Оставался единственный вариант – самоизоляция в танцевальной студии. Но сначала захотелось клубники! Неся её в умывальник, чтобы помыть, я пересеклась с Татьяной. Проходя мимо меня, та цокнула языком и жёстко произнесла:
– Какой ужас! А ещё два месяца впереди!
– Ужас в том, Таня, что у тебя невоздержанный злой язык. И он приведёт тебя к женскому одиночеству.
– Кошмар! Это просто кошмар! – обнадёжила меня своим содействием и взаимовыручкой Татьяна Рохлецова.
* * *В студии я легла на паркет и съела свою долю ягод, таких же сладких, как и мои думы о Нагао-сан. И о господине Накамура поразмышляла: с кем он фокусничал, со мной или с Мивой? Не захотел потакать её кляузам? Или сослужил службу мне, меряя моё благополучие своим аршином?
Перед сценой бала из-за сотрясавшего меня озноба я надела толстый вязаный кардиган прямо на голливудское дезабилье. Бриллиантовое колье цеплялось за нити, делая затяжки на шерстяном воротнике.
Нагао-сан в приподнятом настроении шутил с взявшими его в оцепление девушками. Татьяна была в свите. Я случайно перехватила её взгляд: она кадрила кумира долгим манящим взором роковой женщины.
Заметив мой толстый кардиган, Нагао-сан смеяться перестал. Как и следовало, со всеми почестями, я выразила ему глубокую признательность за клубнику. И тут опытный сердцеед, как неуклюжий старшеклассник, при всём девичнике огласил правду о фруктах:
– Это для тебя! Чтобы скорей выздоравливала!

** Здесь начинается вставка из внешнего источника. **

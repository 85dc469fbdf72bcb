-- ===== src/Base/Classes.antt =====
-- Rust's `Eq`: a Boolean test that decides equality, with its instances.
use Prim.Native.Nat.{ℕ}
use Prim.Native.String.{String}
use text.Mathlib.Text.{◌==◌ as str_eq}
use text.Mathlib.TextEquality.{eq_iff}
use mathlib.Core.Path.{◌≡◌, refl, subst}
use mathlib.Core.Logic.{◌↔◌}
use mathlib.Core.Bool.{Bool, true, false, ◌&&◌}
use mathlib.Core.Option.{Option, none, some}
use mathlib.Core.List.{List, [], ◌∷◌}
use native.Mathlib.Omega.{arith}
use acp_hub.Base.Tests.{eqb, eqb_iff}

-- The test, that it holds of equal values only, and of each value and itself.
pub record Eq {ℓ} (A : Type ℓ) : Type ℓ where
  pub same : A → A → Bool
  pub same_sound : (a b : A) → same a b ≡ true → a ≡ b
  pub same_refl : (a : A) → same a a ≡ true

module _ {ℓ} {A : Type ℓ} ⦃e : Eq A⦄ where
  infix 50 ◌==◌
  abbrev pub ◌==◌ : A → A → Bool
  a == b = e.same a b

  pub ==_refl : (a : A) → (a == a) ≡ true
  ==_refl = e.same_refl

  pub ==_iff : (a b : A) → ((a == b) ≡ true) ↔ (a ≡ b)
  ==_iff a b = (e.same_sound a b, λ h. subst (λ c. (a == c) ≡ true) h (==_refl a))

instance abbrev pub string_eq : Eq String
string_eq = record {
  same = str_eq;
  same_sound = λ a b. (eq_iff a b).0;
  same_refl = λ a. (eq_iff a a).1 refl;
}

instance abbrev pub nat_eq : Eq ℕ
nat_eq = record {
  same = eqb;
  same_sound = λ a b. (eqb_iff a b).0;
  same_refl = λ a. (eqb_iff a a).1 refl;
}

module _ {ℓ κ} {A : Type ℓ} {B : Type κ} ⦃e : Eq A⦄ ⦃f : Eq B⦄ where
  abbrev same_pair : A × B → A × B → Bool
  same_pair (a, b) (c, d) = e.same a c && f.same b d

  pub same_pair_sound : (p q : A × B) → same_pair p q ≡ true → p ≡ q
  same_pair_sound (a, b) (c, d) h = ground (arith, h, e.same_sound a c, f.same_sound b d)

  pub same_pair_refl : (p : A × B) → same_pair p p ≡ true
  same_pair_refl (a, b) = ground (arith, e.same_refl a, f.same_refl b)

  instance abbrev pub pair_eq : Eq (A × B)
  pair_eq = record { same = same_pair; same_sound = same_pair_sound; same_refl = same_pair_refl }

module _ {ℓ} {A : Type ℓ} ⦃e : Eq A⦄ where
  abbrev same_list : List A → List A → Bool
  same_list [] [] = true
  same_list [] (y ∷ ys) = false
  same_list (x ∷ xs) [] = false
  same_list (x ∷ xs) (y ∷ ys) = e.same x y && same_list xs ys

  pub same_list_sound : (xs ys : List A) → same_list xs ys ≡ true → xs ≡ ys
  same_list_sound [] [] h = refl
  same_list_sound [] (y ∷ ys) h = cc
  same_list_sound (x ∷ xs) [] h = cc
  same_list_sound (x ∷ xs) (y ∷ ys) h = ground (arith, h, e.same_sound x y, same_list_sound xs ys)

  pub same_list_refl : (xs : List A) → same_list xs xs ≡ true
  same_list_refl [] = refl
  same_list_refl (x ∷ xs) = ground (arith, e.same_refl x, same_list_refl xs)

  instance abbrev pub list_eq : Eq (List A)
  list_eq = record { same = same_list; same_sound = same_list_sound; same_refl = same_list_refl }

module _ {ℓ} {A : Type ℓ} ⦃e : Eq A⦄ where
  abbrev same_option : Option A → Option A → Bool
  same_option none none = true
  same_option none (some b) = false
  same_option (some a) none = false
  same_option (some a) (some b) = e.same a b

  pub same_option_sound : (a b : Option A) → same_option a b ≡ true → a ≡ b
  same_option_sound none none h = refl
  same_option_sound none (some b) h = cc
  same_option_sound (some a) none h = cc
  same_option_sound (some a) (some b) h = ground (arith, h, e.same_sound a b)

  pub same_option_refl : (a : Option A) → same_option a a ≡ true
  same_option_refl none = refl
  same_option_refl (some a) = e.same_refl a

  instance abbrev pub option_eq : Eq (Option A)
  option_eq = record {
    same = same_option;
    same_sound = same_option_sound;
    same_refl = same_option_refl;
  }

abbrev same_bool : Bool → Bool → Bool
same_bool true true = true
same_bool false false = true
same_bool _ _ = false

pub same_bool_sound : (a b : Bool) → same_bool a b ≡ true → a ≡ b
same_bool_sound true true h = refl
same_bool_sound true false h = cc
same_bool_sound false true h = cc
same_bool_sound false false h = refl

pub same_bool_refl : (a : Bool) → same_bool a a ≡ true
same_bool_refl true = refl
same_bool_refl false = refl

instance abbrev pub bool_eq : Eq Bool
bool_eq = record { same = same_bool; same_sound = same_bool_sound; same_refl = same_bool_refl }
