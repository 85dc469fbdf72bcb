-- ===== src/Base/Ints.antt =====
-- `i64`, as far as it is compared: an integer over the native numbers.
use Prim.Native.Nat.{ℕ}
use mathlib.Core.Path.{◌≡◌, refl, ap}
use mathlib.Core.Bool.{Bool, true, false}
use native.Mathlib.Omega.{arith}
use acp_hub.Base.Tests.{eqb, eqb_iff, leb, if◌then◌else◌}
use acp_hub.Base.Classes.{Eq}

pub data ℤ : Type 0 where
  pos negsuc : ℕ → ℤ

abbrev pub le_int : ℤ → ℤ → Bool
le_int (pos a) (pos b) = leb a b
le_int (pos a) (negsuc b) = false
le_int (negsuc a) (pos b) = true
le_int (negsuc a) (negsuc b) = leb b a

abbrev same_int : ℤ → ℤ → Bool
same_int (pos a) (pos b) = eqb a b
same_int (negsuc a) (negsuc b) = eqb a b
same_int _ _ = false

pub same_int_sound : (a b : ℤ) → same_int a b ≡ true → a ≡ b
same_int_sound (pos a) (pos b) h = ap pos ((eqb_iff a b).0 h)
same_int_sound (pos a) (negsuc b) h = cc
same_int_sound (negsuc a) (pos b) h = cc
same_int_sound (negsuc a) (negsuc b) h = ap negsuc ((eqb_iff a b).0 h)

pub same_int_refl : (a : ℤ) → same_int a a ≡ true
same_int_refl (pos a) = (eqb_iff a a).1 refl
same_int_refl (negsuc a) = (eqb_iff a a).1 refl

instance abbrev pub int_eq : Eq ℤ
int_eq = record { same = same_int; same_sound = same_int_sound; same_refl = same_int_refl }

abbrev pub is_negative : ℤ → Bool
is_negative (pos a) = false
is_negative (negsuc a) = true

-- Comparison is transitive.
pub le_int_trans : (a b c : ℤ) → le_int a b ≡ true → le_int b c ≡ true → le_int a c ≡ true
le_int_trans (pos a) (pos b) (pos c) h k = ground (arith, h, k)
le_int_trans (pos a) (pos b) (negsuc c) h k = cc
le_int_trans (pos a) (negsuc b) c h k = cc
le_int_trans (negsuc a) (pos b) (pos c) h k = refl
le_int_trans (negsuc a) (pos b) (negsuc c) h k = cc
le_int_trans (negsuc a) (negsuc b) (pos c) h k = refl
le_int_trans (negsuc a) (negsuc b) (negsuc c) h k = ground (arith, h, k)

pub le_int_refl : (a : ℤ) → le_int a a ≡ true
le_int_refl (pos a) = ground arith
le_int_refl (negsuc a) = ground arith

-- `i64::max`.
abbrev pub max_int : ℤ → ℤ → ℤ
max_int a b = if le_int a b then b else a

pub le-max_int : (a b : ℤ) → le_int a (max_int a b) ≡ true
le-max_int a b = let r = le_int_refl a in ground (arith, r)

le_int_total : (a b : ℤ) → le_int a b ≡ false → le_int b a ≡ true
le_int_total (pos a) (pos b) h = ground (arith, h)
le_int_total (pos a) (negsuc b) h = refl
le_int_total (negsuc a) (pos b) h = cc
le_int_total (negsuc a) (negsuc b) h = ground (arith, h)

pub le-max_int_right : (a b : ℤ) → le_int b (max_int a b) ≡ true
le-max_int_right a b = let r = le_int_refl b in let t = le_int_total a b in ground (arith, r, t)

Я превратилась в мишень для злобных девичьих глаз.
Ай-я-яй, сэр! Как вы могли, мне на беду, допустить такую оплошность? Ваша прямота сулит мне неминуемую, безотлагательную травлю!
Оставив за кулисой кардиган и стуча зубами, я сделала первый шаг на сцену под руку с Марком. И тут началась белая магия! Благотворный свет софитов вливал в меня какое-то неизвестное фармацевтам анестезирующее средство. Чудодейственный янтарный взгляд, лаская кожу и проникая в зрачки, восстанавливал функционирование мозга, повреждённого болевым шоком. Прикосновение исцеляющей руки хозяина вводило в кровь сверхмощную инъекцию, помогающую выработке аминокислот для возрождения «молекулы счастья», бесследно исчезнувшей после кончины мамы. Я больше не чувствовала ни спазмов в животе, ни жара, ни болезненного изнеможения. Я была здорова!